Task to complete >>
Please repeat, from the entries that follow, the lines from the one containing "wrap64_left (t +ℤ" through the one containing "rw (paid_map_nil rows" exactly, adding nothing.

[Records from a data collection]
★ ★ ★
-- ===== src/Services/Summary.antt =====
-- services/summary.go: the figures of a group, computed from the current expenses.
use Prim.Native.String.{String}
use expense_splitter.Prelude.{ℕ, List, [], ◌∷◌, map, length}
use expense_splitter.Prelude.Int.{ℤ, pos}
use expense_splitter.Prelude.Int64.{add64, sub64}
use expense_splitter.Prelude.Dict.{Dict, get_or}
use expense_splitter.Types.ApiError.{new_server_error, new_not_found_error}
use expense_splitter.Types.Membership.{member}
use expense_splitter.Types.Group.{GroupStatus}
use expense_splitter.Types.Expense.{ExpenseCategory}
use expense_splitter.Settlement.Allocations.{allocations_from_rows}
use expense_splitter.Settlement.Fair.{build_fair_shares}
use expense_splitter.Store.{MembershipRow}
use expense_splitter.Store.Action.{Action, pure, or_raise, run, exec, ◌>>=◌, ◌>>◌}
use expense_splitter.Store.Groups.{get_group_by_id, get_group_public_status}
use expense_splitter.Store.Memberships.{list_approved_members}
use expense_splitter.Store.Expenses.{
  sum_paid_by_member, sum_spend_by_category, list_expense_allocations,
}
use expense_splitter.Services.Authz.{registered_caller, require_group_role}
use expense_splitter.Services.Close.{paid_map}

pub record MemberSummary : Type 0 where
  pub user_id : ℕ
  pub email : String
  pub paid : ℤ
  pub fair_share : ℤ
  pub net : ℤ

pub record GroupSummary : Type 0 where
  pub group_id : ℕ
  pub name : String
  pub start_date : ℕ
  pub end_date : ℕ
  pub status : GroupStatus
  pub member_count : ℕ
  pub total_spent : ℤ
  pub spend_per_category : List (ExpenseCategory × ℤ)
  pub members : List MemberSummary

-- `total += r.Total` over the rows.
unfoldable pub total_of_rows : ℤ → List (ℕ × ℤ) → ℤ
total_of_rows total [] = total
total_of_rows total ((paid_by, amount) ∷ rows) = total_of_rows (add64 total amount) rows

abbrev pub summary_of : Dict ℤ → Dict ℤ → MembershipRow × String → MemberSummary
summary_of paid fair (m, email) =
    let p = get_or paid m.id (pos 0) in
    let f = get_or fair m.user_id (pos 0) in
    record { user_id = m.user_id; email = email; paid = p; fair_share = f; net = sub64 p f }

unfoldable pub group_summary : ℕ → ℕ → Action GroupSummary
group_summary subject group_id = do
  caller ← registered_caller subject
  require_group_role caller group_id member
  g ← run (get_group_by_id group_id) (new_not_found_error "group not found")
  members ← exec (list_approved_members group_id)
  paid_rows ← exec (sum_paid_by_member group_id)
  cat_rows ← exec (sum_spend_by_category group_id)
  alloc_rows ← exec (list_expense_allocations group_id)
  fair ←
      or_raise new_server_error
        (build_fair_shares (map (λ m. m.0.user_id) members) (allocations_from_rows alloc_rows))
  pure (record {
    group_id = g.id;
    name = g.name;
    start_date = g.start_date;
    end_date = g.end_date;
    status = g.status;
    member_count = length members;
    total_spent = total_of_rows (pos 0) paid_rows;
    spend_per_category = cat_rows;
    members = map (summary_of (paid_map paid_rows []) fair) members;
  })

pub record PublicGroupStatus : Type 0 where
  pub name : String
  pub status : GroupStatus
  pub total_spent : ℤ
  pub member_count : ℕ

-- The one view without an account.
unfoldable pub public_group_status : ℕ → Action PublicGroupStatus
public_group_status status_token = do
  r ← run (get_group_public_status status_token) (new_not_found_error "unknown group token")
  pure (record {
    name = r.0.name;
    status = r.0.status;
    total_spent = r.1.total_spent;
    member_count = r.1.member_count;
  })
★ ★ ★
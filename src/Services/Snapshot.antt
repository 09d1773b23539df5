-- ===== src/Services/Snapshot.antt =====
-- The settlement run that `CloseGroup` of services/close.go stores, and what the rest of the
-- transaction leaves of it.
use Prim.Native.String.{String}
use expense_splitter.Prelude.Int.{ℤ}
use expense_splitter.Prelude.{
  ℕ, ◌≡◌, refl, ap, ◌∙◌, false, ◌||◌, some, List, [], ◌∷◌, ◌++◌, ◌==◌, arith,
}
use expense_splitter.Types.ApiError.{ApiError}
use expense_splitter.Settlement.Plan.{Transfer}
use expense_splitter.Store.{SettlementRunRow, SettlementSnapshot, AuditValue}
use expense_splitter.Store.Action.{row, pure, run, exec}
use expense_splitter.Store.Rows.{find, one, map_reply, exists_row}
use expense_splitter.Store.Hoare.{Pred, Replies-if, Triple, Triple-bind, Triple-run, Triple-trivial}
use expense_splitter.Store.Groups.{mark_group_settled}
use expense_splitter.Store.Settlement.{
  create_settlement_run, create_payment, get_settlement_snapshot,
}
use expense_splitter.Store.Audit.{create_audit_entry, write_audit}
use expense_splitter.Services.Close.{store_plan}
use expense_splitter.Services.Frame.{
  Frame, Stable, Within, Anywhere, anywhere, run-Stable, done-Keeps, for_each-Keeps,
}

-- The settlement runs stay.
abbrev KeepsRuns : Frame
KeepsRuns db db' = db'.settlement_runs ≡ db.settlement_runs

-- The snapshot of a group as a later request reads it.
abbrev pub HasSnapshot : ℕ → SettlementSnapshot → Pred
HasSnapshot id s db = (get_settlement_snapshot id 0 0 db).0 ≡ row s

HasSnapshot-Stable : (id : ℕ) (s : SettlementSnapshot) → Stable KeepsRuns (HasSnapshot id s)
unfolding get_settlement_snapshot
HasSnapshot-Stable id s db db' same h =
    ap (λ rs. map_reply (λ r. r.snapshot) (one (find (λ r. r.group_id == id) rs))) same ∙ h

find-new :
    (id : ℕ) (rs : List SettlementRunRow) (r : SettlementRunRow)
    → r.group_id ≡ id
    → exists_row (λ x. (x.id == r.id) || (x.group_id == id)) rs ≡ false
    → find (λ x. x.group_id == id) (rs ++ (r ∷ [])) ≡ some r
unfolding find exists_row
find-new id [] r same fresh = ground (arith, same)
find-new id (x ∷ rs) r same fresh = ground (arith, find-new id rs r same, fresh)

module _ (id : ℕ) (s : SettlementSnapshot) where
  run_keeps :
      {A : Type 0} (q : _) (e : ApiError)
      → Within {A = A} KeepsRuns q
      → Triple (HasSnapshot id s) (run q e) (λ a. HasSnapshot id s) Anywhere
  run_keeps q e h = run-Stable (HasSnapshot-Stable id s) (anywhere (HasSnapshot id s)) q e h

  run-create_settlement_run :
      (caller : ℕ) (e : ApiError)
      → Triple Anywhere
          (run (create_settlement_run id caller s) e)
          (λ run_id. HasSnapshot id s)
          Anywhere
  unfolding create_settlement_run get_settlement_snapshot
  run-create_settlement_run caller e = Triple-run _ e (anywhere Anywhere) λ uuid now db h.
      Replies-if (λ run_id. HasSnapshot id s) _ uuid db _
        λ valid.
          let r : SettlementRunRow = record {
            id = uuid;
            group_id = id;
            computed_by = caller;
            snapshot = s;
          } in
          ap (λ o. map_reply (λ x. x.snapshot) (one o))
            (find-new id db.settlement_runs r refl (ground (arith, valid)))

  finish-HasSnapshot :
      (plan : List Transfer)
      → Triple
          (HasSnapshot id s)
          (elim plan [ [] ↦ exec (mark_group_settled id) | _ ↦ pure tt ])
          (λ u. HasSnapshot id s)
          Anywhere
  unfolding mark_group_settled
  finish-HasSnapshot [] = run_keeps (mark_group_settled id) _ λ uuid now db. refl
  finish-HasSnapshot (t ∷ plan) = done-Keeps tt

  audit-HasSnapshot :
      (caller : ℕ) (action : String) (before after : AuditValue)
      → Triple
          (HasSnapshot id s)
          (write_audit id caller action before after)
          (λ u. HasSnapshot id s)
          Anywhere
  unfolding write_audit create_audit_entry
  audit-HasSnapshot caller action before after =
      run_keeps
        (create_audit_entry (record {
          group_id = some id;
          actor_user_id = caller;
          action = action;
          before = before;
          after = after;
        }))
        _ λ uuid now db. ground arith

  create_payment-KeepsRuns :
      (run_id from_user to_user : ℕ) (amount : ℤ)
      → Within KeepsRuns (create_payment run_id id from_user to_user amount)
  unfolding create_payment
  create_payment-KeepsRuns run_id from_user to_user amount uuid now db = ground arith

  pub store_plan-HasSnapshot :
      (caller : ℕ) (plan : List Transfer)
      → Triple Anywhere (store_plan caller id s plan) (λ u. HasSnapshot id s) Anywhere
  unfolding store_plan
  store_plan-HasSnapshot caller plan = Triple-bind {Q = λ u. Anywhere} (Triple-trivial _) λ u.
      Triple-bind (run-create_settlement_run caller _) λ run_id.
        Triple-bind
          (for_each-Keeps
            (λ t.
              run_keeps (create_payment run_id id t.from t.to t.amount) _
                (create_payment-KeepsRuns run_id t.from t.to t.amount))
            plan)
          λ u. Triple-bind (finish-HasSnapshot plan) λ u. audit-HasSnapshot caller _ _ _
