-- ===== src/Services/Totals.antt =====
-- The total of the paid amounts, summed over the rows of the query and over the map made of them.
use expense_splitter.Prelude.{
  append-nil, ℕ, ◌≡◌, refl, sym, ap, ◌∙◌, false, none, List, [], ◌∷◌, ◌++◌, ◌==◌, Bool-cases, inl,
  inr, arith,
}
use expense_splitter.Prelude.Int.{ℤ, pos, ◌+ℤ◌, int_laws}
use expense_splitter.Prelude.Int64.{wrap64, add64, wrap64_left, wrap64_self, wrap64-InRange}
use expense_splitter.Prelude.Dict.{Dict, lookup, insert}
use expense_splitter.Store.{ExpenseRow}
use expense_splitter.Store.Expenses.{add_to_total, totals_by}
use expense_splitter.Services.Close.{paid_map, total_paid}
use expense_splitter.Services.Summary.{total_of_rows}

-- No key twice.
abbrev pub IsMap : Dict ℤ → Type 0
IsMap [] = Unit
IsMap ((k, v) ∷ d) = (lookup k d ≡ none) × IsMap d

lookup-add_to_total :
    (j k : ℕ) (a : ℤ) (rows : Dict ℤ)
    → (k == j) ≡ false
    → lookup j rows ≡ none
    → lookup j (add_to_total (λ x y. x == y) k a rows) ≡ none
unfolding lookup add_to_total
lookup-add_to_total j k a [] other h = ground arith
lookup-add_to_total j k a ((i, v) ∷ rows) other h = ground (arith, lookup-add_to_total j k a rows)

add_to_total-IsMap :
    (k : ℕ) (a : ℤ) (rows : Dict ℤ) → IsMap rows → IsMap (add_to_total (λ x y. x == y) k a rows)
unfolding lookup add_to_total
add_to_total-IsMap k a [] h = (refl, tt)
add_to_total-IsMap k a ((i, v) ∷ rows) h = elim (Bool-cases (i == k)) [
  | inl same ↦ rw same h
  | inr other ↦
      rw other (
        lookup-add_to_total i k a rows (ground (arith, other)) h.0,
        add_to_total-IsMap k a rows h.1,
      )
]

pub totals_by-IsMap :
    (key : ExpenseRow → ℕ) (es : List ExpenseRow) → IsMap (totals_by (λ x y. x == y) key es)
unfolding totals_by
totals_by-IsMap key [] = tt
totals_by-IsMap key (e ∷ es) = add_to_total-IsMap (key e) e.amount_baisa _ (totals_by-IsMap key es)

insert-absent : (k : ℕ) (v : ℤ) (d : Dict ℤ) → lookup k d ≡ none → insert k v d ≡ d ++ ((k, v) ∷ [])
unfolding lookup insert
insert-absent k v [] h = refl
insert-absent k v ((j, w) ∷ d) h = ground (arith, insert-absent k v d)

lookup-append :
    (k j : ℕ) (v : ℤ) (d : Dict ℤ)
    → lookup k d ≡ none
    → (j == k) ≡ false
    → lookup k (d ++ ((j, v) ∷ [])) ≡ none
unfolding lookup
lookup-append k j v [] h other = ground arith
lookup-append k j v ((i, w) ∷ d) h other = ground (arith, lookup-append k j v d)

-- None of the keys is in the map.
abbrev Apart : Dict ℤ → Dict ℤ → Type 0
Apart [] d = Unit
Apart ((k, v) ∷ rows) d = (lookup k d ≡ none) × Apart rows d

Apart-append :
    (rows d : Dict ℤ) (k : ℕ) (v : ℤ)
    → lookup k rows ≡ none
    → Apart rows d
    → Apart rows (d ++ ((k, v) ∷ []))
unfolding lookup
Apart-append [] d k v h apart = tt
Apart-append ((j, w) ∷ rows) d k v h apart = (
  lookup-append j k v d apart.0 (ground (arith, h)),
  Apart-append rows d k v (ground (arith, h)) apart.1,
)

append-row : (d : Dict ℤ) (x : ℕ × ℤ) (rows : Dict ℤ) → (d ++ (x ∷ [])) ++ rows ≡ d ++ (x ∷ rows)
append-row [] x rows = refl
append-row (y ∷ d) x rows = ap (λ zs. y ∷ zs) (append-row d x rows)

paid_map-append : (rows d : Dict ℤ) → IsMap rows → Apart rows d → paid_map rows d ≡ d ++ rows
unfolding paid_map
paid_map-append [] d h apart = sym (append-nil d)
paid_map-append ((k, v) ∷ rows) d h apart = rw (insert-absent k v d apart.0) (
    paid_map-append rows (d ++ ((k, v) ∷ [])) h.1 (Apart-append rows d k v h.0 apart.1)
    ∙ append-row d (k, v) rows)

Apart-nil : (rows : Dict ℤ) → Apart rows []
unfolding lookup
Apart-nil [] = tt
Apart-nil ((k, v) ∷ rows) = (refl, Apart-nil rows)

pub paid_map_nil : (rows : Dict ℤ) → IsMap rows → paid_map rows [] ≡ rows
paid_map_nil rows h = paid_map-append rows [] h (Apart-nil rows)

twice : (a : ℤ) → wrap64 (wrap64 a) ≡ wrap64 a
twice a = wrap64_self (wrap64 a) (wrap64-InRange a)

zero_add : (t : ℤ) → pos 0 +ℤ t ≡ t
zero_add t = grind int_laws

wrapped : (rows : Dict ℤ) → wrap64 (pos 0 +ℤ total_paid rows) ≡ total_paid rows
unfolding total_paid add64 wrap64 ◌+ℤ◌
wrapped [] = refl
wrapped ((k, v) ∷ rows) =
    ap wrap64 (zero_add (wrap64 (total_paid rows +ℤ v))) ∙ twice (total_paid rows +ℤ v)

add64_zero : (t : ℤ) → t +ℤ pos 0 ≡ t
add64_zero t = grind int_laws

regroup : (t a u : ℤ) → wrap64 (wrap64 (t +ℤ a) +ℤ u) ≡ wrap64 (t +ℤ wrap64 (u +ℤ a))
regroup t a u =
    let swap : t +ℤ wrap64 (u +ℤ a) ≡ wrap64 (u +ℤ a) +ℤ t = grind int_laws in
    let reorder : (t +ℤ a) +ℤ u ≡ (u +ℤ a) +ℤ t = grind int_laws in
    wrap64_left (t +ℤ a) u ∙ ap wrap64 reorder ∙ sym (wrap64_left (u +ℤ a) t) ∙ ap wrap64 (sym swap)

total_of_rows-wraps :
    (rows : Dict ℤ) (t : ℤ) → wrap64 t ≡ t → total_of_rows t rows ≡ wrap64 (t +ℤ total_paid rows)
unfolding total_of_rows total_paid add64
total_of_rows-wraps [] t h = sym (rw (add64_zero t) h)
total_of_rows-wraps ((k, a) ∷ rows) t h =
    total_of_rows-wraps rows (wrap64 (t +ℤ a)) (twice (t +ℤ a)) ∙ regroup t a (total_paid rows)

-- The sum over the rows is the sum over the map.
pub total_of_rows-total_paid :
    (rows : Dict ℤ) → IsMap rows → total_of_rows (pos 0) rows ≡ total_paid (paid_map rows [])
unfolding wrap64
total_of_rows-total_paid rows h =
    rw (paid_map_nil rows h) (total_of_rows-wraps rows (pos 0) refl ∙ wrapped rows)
★ ★ ★
Completed task >>
    wrap64_left (t +ℤ a) u ∙ ap wrap64 reorder ∙ sym (wrap64_left (u +ℤ a) t) ∙ ap wrap64 (sym swap)

total_of_rows-wraps :
    (rows : Dict ℤ) (t : ℤ) → wrap64 t ≡ t → total_of_rows t rows ≡ wrap64 (t +ℤ total_paid rows)
unfolding total_of_rows total_paid add64
total_of_rows-wraps [] t h = sym (rw (add64_zero t) h)
total_of_rows-wraps ((k, a) ∷ rows) t h =
    total_of_rows-wraps rows (wrap64 (t +ℤ a)) (twice (t +ℤ a)) ∙ regroup t a (total_paid rows)

-- The sum over the rows is the sum over the map.
pub total_of_rows-total_paid :
    (rows : Dict ℤ) → IsMap rows → total_of_rows (pos 0) rows ≡ total_paid (paid_map rows [])
unfolding wrap64
total_of_rows-total_paid rows h =
    rw (paid_map_nil rows h) (total_of_rows-wraps rows (pos 0) refl ∙ wrapped rows)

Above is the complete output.